"""
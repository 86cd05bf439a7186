-- ===== src/Http/Rules.antt =====
-- internal/adapter/driving/http/alertrule.go: AlertRuleHandler.
use orchestrix_api.Common.{
  String, Bool, Option, none, some, [], ◌∷◌, ℤ, pos, wrap, str_eq, if◌then◌else◌,
}
use orchestrix_api.Domain.Values.{Uuid, Raw, absent}
use orchestrix_api.Domain.Alert.{AlertSeverity}
use orchestrix_api.Domain.AlertRule.{AlertRule, ThresholdCondition}
use orchestrix_api.Engine.Definition.{Fields}
use orchestrix_api.Auth.{User}
use orchestrix_api.Port.Inputs.{CreateAlertRuleInput, UpdateAlertRuleInput}
use orchestrix_api.Port.Call.{Ports}
use orchestrix_api.Postgres.Texts.{severity_of}
use orchestrix_api.Service.AlertRule as RuleService
use orchestrix_api.Http.Handling.{
  Params, Handler, refused, replied, no_content, with_user, with_id, with_body, serve, list_with,
  case, is_alert_rule_not_found,
}

-- A map is none where the request has none.
pub record CreateAlertRuleRequest : Type 0 where
  pub name : String
  pub description : Option String
  pub condition_type : String
  pub condition_config : Option Fields
  pub severity : String
  pub alert_title_template : String
  pub alert_message_template : Option String
  pub trigger_workflow_id : Option Uuid
  pub trigger_input_template : Option Fields
  pub cooldown_seconds : Option ℤ

pub record UpdateAlertRuleRequest : Type 0 where
  pub name : Option String
  pub description : Option String
  pub enabled : Option Bool
  pub condition_type : Option String
  pub condition_config : Option Fields
  pub severity : Option String
  pub alert_title_template : Option String
  pub alert_message_template : Option String
  pub trigger_workflow_id : Option Uuid
  pub trigger_input_template : Option Fields
  pub cooldown_seconds : Option ℤ

-- What json.Marshal makes of a condition and of a template; its error is dropped.
pub record RuleCodec : Type 0 where
  pub marshal_condition : Option Fields → Raw ThresholdCondition
  pub marshal_template : Option Fields → Raw String

-- `severity := domain.AlertSeverityWarning; if req.Severity != ""`
unfoldable pub severity_or_warning : String → AlertSeverity
unfolding severity_of
severity_or_warning s = if str_eq s "" then AlertSeverity.warning else severity_of s

-- `cooldownSeconds := int32(300)`
unfoldable pub cooldown_or_default : Option ℤ → ℤ
cooldown_or_default none = pos 300
cooldown_or_default (some n) = wrap 32 n

-- What is marshalled only if the request has it.
abbrev pub marshalled : {A : Type 0} → (Option Fields → Raw A) → Option Fields → Raw A
marshalled marshal none = absent
marshalled marshal (some fs) = marshal (some fs)

unfoldable pub severity_pointer : Option String → Option AlertSeverity
unfolding severity_of
severity_pointer none = none
severity_pointer (some s) = some (severity_of s)

unfoldable pub cooldown_pointer : Option ℤ → Option ℤ
cooldown_pointer none = none
cooldown_pointer (some n) = some (wrap 32 n)

unfoldable pub update_input : RuleCodec → UpdateAlertRuleRequest → UpdateAlertRuleInput
unfolding severity_pointer cooldown_pointer
update_input c r = record {
  name = r.name;
  description = r.description;
  enabled = r.enabled;
  condition_type = r.condition_type;
  condition_config = marshalled c.marshal_condition r.condition_config;
  severity = severity_pointer r.severity;
  alert_title_template = r.alert_title_template;
  alert_message_template = r.alert_message_template;
  trigger_workflow_id = r.trigger_workflow_id;
  trigger_input_template = marshalled c.marshal_template r.trigger_input_template;
  cooldown_seconds = cooldown_pointer r.cooldown_seconds;
}

module _ (p : Ports) (c : RuleCodec) where
  unfoldable pub create_input : User → CreateAlertRuleRequest → CreateAlertRuleInput
  unfolding severity_or_warning cooldown_or_default
  create_input u r = record {
    tenant_id = u.tenant_id;
    name = r.name;
    description = r.description;
    condition_type = r.condition_type;
    condition_config = c.marshal_condition r.condition_config;
    severity = severity_or_warning r.severity;
    alert_title_template = r.alert_title_template;
    alert_message_template = r.alert_message_template;
    trigger_workflow_id = r.trigger_workflow_id;
    trigger_input_template = c.marshal_template r.trigger_input_template;
    cooldown_seconds = cooldown_or_default r.cooldown_seconds;
    created_by = (p.host.parse_uuid u.id).0;
  }

  unfoldable pub list : Params → Handler AlertRule
  unfolding list_with
  list q =
      list_with "failed to list alert rules"
        (λ u page limit. RuleService.list p u.tenant_id page limit) q

  unfoldable pub get : Params → Handler AlertRule
  unfolding with_user with_id serve
  get q = with_user q.user λ u. with_id p q.id λ id.
      serve (case is_alert_rule_not_found 404 "alert rule not found" ∷ [])
        "failed to get alert rule" (λ r. replied 200 r) (RuleService.get_by_id p id)

  unfoldable pub create_valid : User → CreateAlertRuleRequest → Handler AlertRule
  unfolding serve create_input
  create_valid u r h =
      if str_eq r.name ""
      then (refused 400 "name is required", h)
      else if str_eq r.condition_type ""
      then (refused 400 "condition_type is required", h)
      else if str_eq r.alert_title_template ""
      then (refused 400 "alert_title_template is required", h)
      else serve [] "failed to create alert rule" (λ a. replied 201 a)
          (RuleService.create p (create_input u r)) h

  unfoldable pub create : Option CreateAlertRuleRequest → Params → Handler AlertRule
  unfolding with_user with_body create_valid
  create body q = with_user q.user λ u. with_body body λ r. create_valid u r

  unfoldable pub update : Option UpdateAlertRuleRequest → Params → Handler AlertRule
  unfolding with_user with_id with_body serve update_input
  update body q = with_user q.user λ u. with_id p q.id λ id. with_body body λ r.
      serve (case is_alert_rule_not_found 404 "alert rule not found" ∷ [])
        "failed to update alert rule" (λ a. replied 200 a)
        (RuleService.update p id (update_input c r))

  unfoldable pub delete : Params → Handler AlertRule
  unfolding with_user with_id serve
  delete q = with_user q.user λ u. with_id p q.id λ id.
      serve (case is_alert_rule_not_found 404 "alert rule not found" ∷ [])
        "failed to delete alert rule" (λ done. no_content) (RuleService.delete p id)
"""
* YOUR INSTRUCTIONS: Within the data above, filter for lines containing the word "wrap" and copy each one.

* OUTPUT FOR THIS EXERCISE:
  String, Bool, Option, none, some, [], ◌∷◌, ℤ, pos, wrap, str_eq, if◌then◌else◌,
cooldown_or_default (some n) = wrap 32 n
cooldown_pointer (some n) = some (wrap 32 n)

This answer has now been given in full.